*Problem description*:
Please transcribe, exactly, the line that contains "(es : BoundEntries D) →" and every line after it to the end of the records, and nothing else.
(Beginning of Input material)
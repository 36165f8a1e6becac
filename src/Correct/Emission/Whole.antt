-- ===== src/Correct/Emission/Whole.antt =====
-- Whatever `emitExpr` emits computes what the expression evaluates to: induction on the expression.
use Prim.Native.Nat.{max}
use mathlib.Core.Path.{subst}
use mathlib.Core.List.{reverse_aux}
use risk_engine.Prelude.{
  ◌+◌, ◌≡◌, refl, sym, ap, Bool, true, false, not, List, [], ◌∷◌, Str, length, arith,
}
use risk_engine.Outcome.{Outcome, ok, err, panic, ◌>>=◌, bind-eq-ok}
use risk_engine.Operators.{BinaryOp, ValueType}
use risk_engine.Schema.{FieldPtr}
use risk_engine.Value.{Value, bool, str, list}
use risk_engine.Runtime.{Floats, truthy_bool}
use risk_engine.Evaluator.{eval_binary_op, run_binary}
use risk_engine.Bound.{
  BoundExpr, literal, factor_ref, unary, binary, conditional, function_call, list, map, BoundExprs,
  nil, cons, BoundEntries, empty, entry, eval, run_unary,
}
use risk_engine.Bytecode.{OpCode, instr, Formatter}
use risk_engine.Bytecode.Emit.{
  Emission, append, push_constant, patch, unary_opcode, binary_opcode, emit_expr, emit_args,
  emit_entries, emit_binary, emit_short_circuit, emit_conditional,
}
use risk_engine.Correct.WellBound.{
  WellBound, WellBoundArgs, WellBoundEntries, BoolOperands, BoolOperandsEntries, ConstantsIn,
  ConstantsInArgs, ConstantsInEntries, NeedsBool, IsBool, unary_op_of,
}
use risk_engine.Correct.Tables.{KeysSound, Indexed}
use risk_engine.Correct.Needs.{
  stack_need, stack_need_entries, stack_need-pos, entry_values, key_value,
}
use risk_engine.Correct.Computes.{push_one}
use risk_engine.Correct.Opcodes.{
  ok_injective, unary_opcode-UnaryCode, Forks-if_false, Forks-if_true,
}
use risk_engine.Correct.Emission.{
  Emitted, Emitted-map, Emitted-nothing, Emitted-finish, Emitted-seq,
}
use risk_engine.Correct.Emission.Expr.{
  push_constant-Emitted, load_factor-Emitted, strict-Emitted, short_circuit-Emitted, and_meaning,
  or_meaning, plain_if_false, plain_if_true, conditional-Emitted, ArgsEmitted, call-Emitted,
  list-Emitted, map-Emitted,
}

abbrev key_with : {D : Type 0} → Str → Value D → Value D × Value D
key_with k v = (str k, v)

key_value_bind :
    {D : Type 0} ⦃fl : Floats D⦄ (k : Str) (o : Outcome (Value D))
    → key_value k o ≡ (o >>= λ v. ok (key_with k v))
key_value_bind k (ok v) = refl
key_value_bind k (err e) = refl
key_value_bind k panic = refl

module _ {D : Type 0} ⦃fl : Floats D⦄ (fmt : Formatter D) (P : Value D → Type 0)
    (sound : KeysSound fmt P) where
  abbrev ExprEmitted : Emission D → Emission D → BoundExpr D → Type 0
  ExprEmitted s s' e = Emitted fmt P s s' (stack_need e) 1 (BoolOperands e) (eval e) push_one

  -- The emission of a part, from any state.
  abbrev Emits : BoundExpr D → Type 0
  Emits e =
      (s s' : Emission D)
      → emit_expr fmt e s ≡ ok s'
      → Indexed fmt P s.compiler
      → ExprEmitted s s' e

  unary-Emitted :
      (op : _) (e : BoundExpr D) (t : _) (f : _) (ev : _) (s s' : Emission D)
      → (emit_expr fmt e s >>= λ s₁. unary_opcode op >>= λ code. ok (append (instr code 0) s₁))
        ≡ ok s'
      → op ≡ unary_op_of ev
      → Emits e
      → Indexed fmt P s.compiler
      → ExprEmitted s s' (unary op e t f ev)
  unfolding eval append
  unary-Emitted op e t f ev s s' h same ee ix =
      let (s₁, h₁, h₂) =
        bind-eq-ok (emit_expr fmt e s)
          (λ s₁. unary_opcode op >>= λ code. ok (append (instr code 0) s₁)) h in
      let (code, h₃, h₄) =
        bind-eq-ok (unary_opcode op) (λ code. ok (append (instr code 0) s₁)) h₂ in
      let facts = unary_opcode-UnaryCode D op ev h₃ same in
      let part = ee s s₁ h₁ ix in
      subst (λ z. ExprEmitted s z (unary op e t f ev)) (ok_injective h₄)
        (Emitted-finish fmt P (append (instr code 0) s₁) (instr code 0) (run_unary ev) part refl
          part.indexed (λ p h. h) (λ i. facts.plain i 0 0)
          (λ ctx v stack _. omega (arith, stack_need-pos e))
          (λ p ctx v stack tables _. facts.exec p ctx v stack))

  abbrev BinaryEmitted : Emission D → Emission D → BinaryOp → BoundExpr D → BoundExpr D → Type 0
  BinaryEmitted s s' op l r =
      Emitted fmt P s s' (max 1 (max (stack_need l) (1 + stack_need r))) 1
        (λ ctx.
          (NeedsBool op → (v : Value D) → eval r ctx ≡ ok v → IsBool v)
          × BoolOperands l ctx
          × BoolOperands r ctx)
        (λ ctx. run_binary (eval_binary_op op) (eval l ctx) (eval r ctx)) push_one

  -- `emitShortCircuitBinary`.
  short-Emitted :
      (op : BinaryOp) (fork : OpCode) (short : Bool) (l r : BoundExpr D) (s s' : Emission D)
      → emit_short_circuit fmt fork short (emit_expr fmt l) (emit_expr fmt r) s ≡ ok s'
      → ((s₁ s₂ : Emission D)
          → ExprEmitted s s₁ l
          → ExprEmitted (append (instr fork 0) s₁) s₂ r
          → BinaryEmitted s
              (patch (length s₂.instructions) (
                push_constant fmt
                  (bool short)
                  (patch (length s₁.instructions) (append (instr OpCode.jump 0) s₂))))
              op
              l
              r)
      → Emits l
      → Emits r
      → Indexed fmt P s.compiler
      → BinaryEmitted s s' op l r
  unfolding emit_short_circuit append
  short-Emitted op fork short l r s s' h join el er ix =
      let finish : Emission D → Emission D → Emission D = λ s₁ s₂. patch (length s₂.instructions) (
        push_constant fmt (bool short)
          (patch (length s₁.instructions) (append (instr OpCode.jump 0) s₂))) in
      let (s₁, h₁, h₂) =
        bind-eq-ok (emit_expr fmt l s)
          (λ s₁. emit_expr fmt r (append (instr fork 0) s₁) >>= λ s₂. ok (finish s₁ s₂)) h in
      let (s₂, h₃, h₄) =
        bind-eq-ok (emit_expr fmt r (append (instr fork 0) s₁)) (λ s₂. ok (finish s₁ s₂)) h₂ in
      let first = el s s₁ h₁ ix in
      subst (λ z. BinaryEmitted s z op l r) (ok_injective h₄)
        (join s₁ s₂ first (er (append (instr fork 0) s₁) s₂ h₃ first.indexed))

  -- The other binary operators.
  plain-Emitted :
      (op : BinaryOp) (l r : BoundExpr D) (s s' : Emission D)
      → (emit_expr fmt l s >>= λ s₁.
          emit_expr fmt r s₁ >>= λ s₂. binary_opcode op >>= λ code. ok (append (instr code 0) s₂))
        ≡ ok s'
      → Emits l
      → Emits r
      → Indexed fmt P s.compiler
      → BinaryEmitted s s' op l r
  plain-Emitted op l r s s' h el er ix =
      let (s₁, h₁, h₂) =
        bind-eq-ok (emit_expr fmt l s)
          (λ s₁.
            emit_expr fmt r s₁ >>= λ s₂. binary_opcode op >>= λ code. ok (append (instr code 0) s₂))
          h in
      let (s₂, h₃, h₄) =
        bind-eq-ok (emit_expr fmt r s₁)
          (λ s₂. binary_opcode op >>= λ code. ok (append (instr code 0) s₂)) h₂ in
      let (code, h₅, h₆) =
        bind-eq-ok (binary_opcode op) (λ code. ok (append (instr code 0) s₂)) h₄ in
      let first = el s s₁ h₁ ix in
      subst (λ z. BinaryEmitted s z op l r) (ok_injective h₆)
        (Emitted-map fmt P
          (strict-Emitted fmt P sound l r op code h₅ first (er s₁ s₂ h₃ first.indexed))
          (λ ctx q. ((q.1, q.2), refl)))

  binary-Emitted :
      (op : BinaryOp) (l r : BoundExpr D) (s s' : Emission D)
      → emit_binary fmt op (emit_expr fmt l) (emit_expr fmt r) s ≡ ok s'
      → Emits l
      → Emits r
      → Indexed fmt P s.compiler
      → BinaryEmitted s s' op l r
  unfolding emit_binary
  binary-Emitted BinaryOp.and l r s s' h =
      short-Emitted BinaryOp.and OpCode.jump_if_false false l r s s' h (λ s₁ s₂.
        short_circuit-Emitted fmt P sound l r BinaryOp.and OpCode.jump_if_false false
          (λ v. not (truthy_bool v)) (Forks-if_false D) (plain_if_false fmt P sound) tt
          (and_meaning fmt P sound))
  binary-Emitted BinaryOp.or l r s s' h =
      short-Emitted BinaryOp.or OpCode.jump_if_true true l r s s' h (λ s₁ s₂.
        short_circuit-Emitted fmt P sound l r BinaryOp.or OpCode.jump_if_true true truthy_bool
          (Forks-if_true D) (plain_if_true fmt P sound) tt (or_meaning fmt P sound))
  binary-Emitted op l r s s' h = plain-Emitted op l r s s' h

  abbrev EmitsArgs : BoundExprs D → Type 0
  EmitsArgs es =
      (s s' : Emission D)
      → emit_args fmt es s ≡ ok s'
      → Indexed fmt P s.compiler
      → ArgsEmitted fmt P sound s s' es

  abbrev EmitsEntries : BoundEntries D → Type 0
  EmitsEntries es =
      (s s' : Emission D)
      → emit_entries fmt es s ≡ ok s'
      → Indexed fmt P s.compiler
      → Emitted fmt P s s' (stack_need_entries es) 0 (BoolOperandsEntries es) (entry_values es)
          reverse_aux

  cons-Emits :
      (e : BoundExpr D) (es : BoundExprs D) → Emits e → EmitsArgs es → EmitsArgs (cons e es)
  unfolding emit_expr eval
  cons-Emits e es ee ees s s' h ix =
      let (s₁, h₁, h₂) = bind-eq-ok (emit_expr fmt e s) (λ s₁. emit_args fmt es s₁) h in
      let first = ee s s₁ h₁ ix in
      Emitted-seq fmt P 1 (λ v vs. v ∷ vs) reverse_aux first (ees s₁ s' h₂ first.indexed)
        (λ v stack. omega arith) (λ v vs stack. refl)

  entry-Emits :
      (k : Str) (e : BoundExpr D) (es : BoundEntries D)
      → Emits e
      → EmitsEntries es
      → EmitsEntries (entry k e es)
  unfolding emit_expr entry_values
  entry-Emits k e es ee ees s s' h ix =
      let (s₁, h₁, h₂) =
        bind-eq-ok (emit_expr fmt e (push_constant fmt (str k) s)) (λ s₁. emit_entries fmt es s₁)
          h in
      let key = push_constant-Emitted fmt P sound {Q = λ _. Unit} (str k) s (sound.strings k) ix in
      let value = ee (push_constant fmt (str k) s) s₁ h₁ key.indexed in
      let pair : Value D → Value D → Value D × Value D = λ a b. (a, b) in
      let push : Value D × Value D → List (Value D) → List (Value D) =
        λ ab stack. ab.1 ∷ ab.0 ∷ stack in
      let both =
        Emitted-seq fmt P 1 pair push key value (λ a stack. omega arith) (λ a b stack. refl) in
      let all =
        Emitted-seq fmt P 2 (λ ab vs. ab.0 ∷ ab.1 ∷ vs) reverse_aux both
          (ees s₁ s' h₂ value.indexed) (λ ab stack. omega arith) (λ ab vs stack. refl) in
      Emitted-map fmt P all (λ ctx q. (
        ((tt, q.0), q.1),
        ap (λ o. o >>= λ kv. entry_values es ctx >>= λ vs. ok (kv.0 ∷ kv.1 ∷ vs))
            (key_value_bind k (eval e ctx)),
      ))

  -- `emitExpr` on a conditional.
  branches-Emitted :
      (x a b : BoundExpr D) (t : ValueType) (f : FieldPtr) (s s' : Emission D)
      → emit_conditional (emit_expr fmt x) (emit_expr fmt a) (emit_expr fmt b) s ≡ ok s'
      → Emits x
      → Emits a
      → Emits b
      → Indexed fmt P s.compiler
      → ExprEmitted s s' (conditional x a b t f)
  unfolding emit_conditional append patch eval
  branches-Emitted x a b t f s s' h ex ea eb ix =
      let fork : Emission D → Emission D = append (instr OpCode.jump_if_false 0) in
      let leave : Emission D → Emission D → Emission D =
        λ s₁ s₂. patch (length s₁.instructions) (append (instr OpCode.jump 0) s₂) in
      let (s₁, h₁, h₂) =
        bind-eq-ok (emit_expr fmt x s)
          (λ s₁. emit_expr fmt a (fork s₁) >>= λ s₂.
            emit_expr fmt b (leave s₁ s₂) >>= λ s₃. ok (patch (length s₂.instructions) s₃))
          h in
      let (s₂, h₃, h₄) =
        bind-eq-ok (emit_expr fmt a (fork s₁))
          (λ s₂. emit_expr fmt b (leave s₁ s₂) >>= λ s₃. ok (patch (length s₂.instructions) s₃))
          h₂ in
      let (s₃, h₅, h₆) =
        bind-eq-ok (emit_expr fmt b (leave s₁ s₂)) (λ s₃. ok (patch (length s₂.instructions) s₃))
          h₄ in
      let on = ex s s₁ h₁ ix in
      let first = ea (fork s₁) s₂ h₃ on.indexed in
      let second = eb (leave s₁ s₂) s₃ h₅ first.indexed in
      subst (λ z. ExprEmitted s z (conditional x a b t f)) (ok_injective h₆)
        (conditional-Emitted fmt P sound x a b on first second)

  mutual
    unfolding emit_expr eval entry_values

    pub emit_expr-Emits : (e : BoundExpr D) → WellBound e → ConstantsIn P e → Emits e
    emit_expr-Emits (literal v t f) w c s s' h ix =
        subst (λ z. ExprEmitted s z (literal v t f)) (ok_injective h)
          (push_constant-Emitted fmt P sound v s c ix)
    emit_expr-Emits (factor_ref r a t f) w c s s' h ix =
        subst (λ z. ExprEmitted s z (factor_ref r a t f)) (ok_injective h)
          (load_factor-Emitted fmt P sound a s ix)
    emit_expr-Emits (unary op e t f ev) w c s s' h ix =
        unary-Emitted op e t f ev s s' h w.0 (emit_expr-Emits e w.1 c) ix
    emit_expr-Emits (binary op l r t f ev) w c s s' h ix =
        subst (λ z. ExprEmitted s s' (binary op l r t f z)) (sym w.0)
          (binary-Emitted op l r s s' h (emit_expr-Emits l w.1 c.0) (emit_expr-Emits r w.2 c.1) ix)
    emit_expr-Emits (conditional x a b t f) w c s s' h ix =
        branches-Emitted x a b t f s s' h (emit_expr-Emits x w.0 c.0) (emit_expr-Emits a w.1 c.1)
          (emit_expr-Emits b w.2 c.2) ix
    emit_expr-Emits (function_call name args t f ev) w c s s' h ix =
        let (s₁, h₁, h₂) = bind-eq-ok (emit_args fmt args s) _ h in
        subst (λ z. ExprEmitted s z (function_call name args t f ev)) (ok_injective h₂)
          (call-Emitted fmt P sound name ev args w.0 (emit_args-Emits args w.1 c s s₁ h₁ ix))
    emit_expr-Emits (list es t u f) w c s s' h ix =
        let (s₁, h₁, h₂) = bind-eq-ok (emit_args fmt es s) _ h in
        subst (λ z. ExprEmitted s z (list es t u f)) (ok_injective h₂)
          (list-Emitted fmt P sound es (emit_args-Emits es w c s s₁ h₁ ix))
    emit_expr-Emits (map es t u f) w c s s' h ix =
        let (s₁, h₁, h₂) = bind-eq-ok (emit_entries fmt es s) _ h in
        subst (λ z. ExprEmitted s z (map es t u f)) (ok_injective h₂)
          (map-Emitted fmt P sound es (emit_entries-Emits es w c s s₁ h₁ ix))

    emit_args-Emits : (es : BoundExprs D) → WellBoundArgs es → ConstantsInArgs P es → EmitsArgs es
    emit_args-Emits nil w c s s' h ix =
        subst (λ z. ArgsEmitted fmt P sound s z nil) (ok_injective h)
          (Emitted-nothing fmt P s [] reverse_aux ix (λ stack. refl))
    emit_args-Emits (cons e es) w c s s' h ix =
        cons-Emits e es (emit_expr-Emits e w.0 c.0) (emit_args-Emits es w.1 c.1) s s' h ix

    emit_entries-Emits :
        (es : BoundEntries D) → WellBoundEntries es → ConstantsInEntries P es → EmitsEntries es
    emit_entries-Emits empty w c s s' h ix =
        subst
          (λ z. Emitted fmt P s z 0 0 (BoolOperandsEntries empty) (entry_values empty) reverse_aux)
          (ok_injective h) (Emitted-nothing fmt P s [] reverse_aux ix (λ stack. refl))
    emit_entries-Emits (entry k e es) w c s s' h ix =
        entry-Emits k e es (emit_expr-Emits e w.0 c.0) (emit_entries-Emits es w.1 c.1) s s' h ix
(End of Input material)
*Finished task*:
        (es : BoundEntries D) → WellBoundEntries es → ConstantsInEntries P es → EmitsEntries es
    emit_entries-Emits empty w c s s' h ix =
        subst
          (λ z. Emitted fmt P s z 0 0 (BoolOperandsEntries empty) (entry_values empty) reverse_aux)
          (ok_injective h) (Emitted-nothing fmt P s [] reverse_aux ix (λ stack. refl))
    emit_entries-Emits (entry k e es) w c s s' h ix =
        entry-Emits k e es (emit_expr-Emits e w.0 c.0) (emit_entries-Emits es w.1 c.1) s s' h ix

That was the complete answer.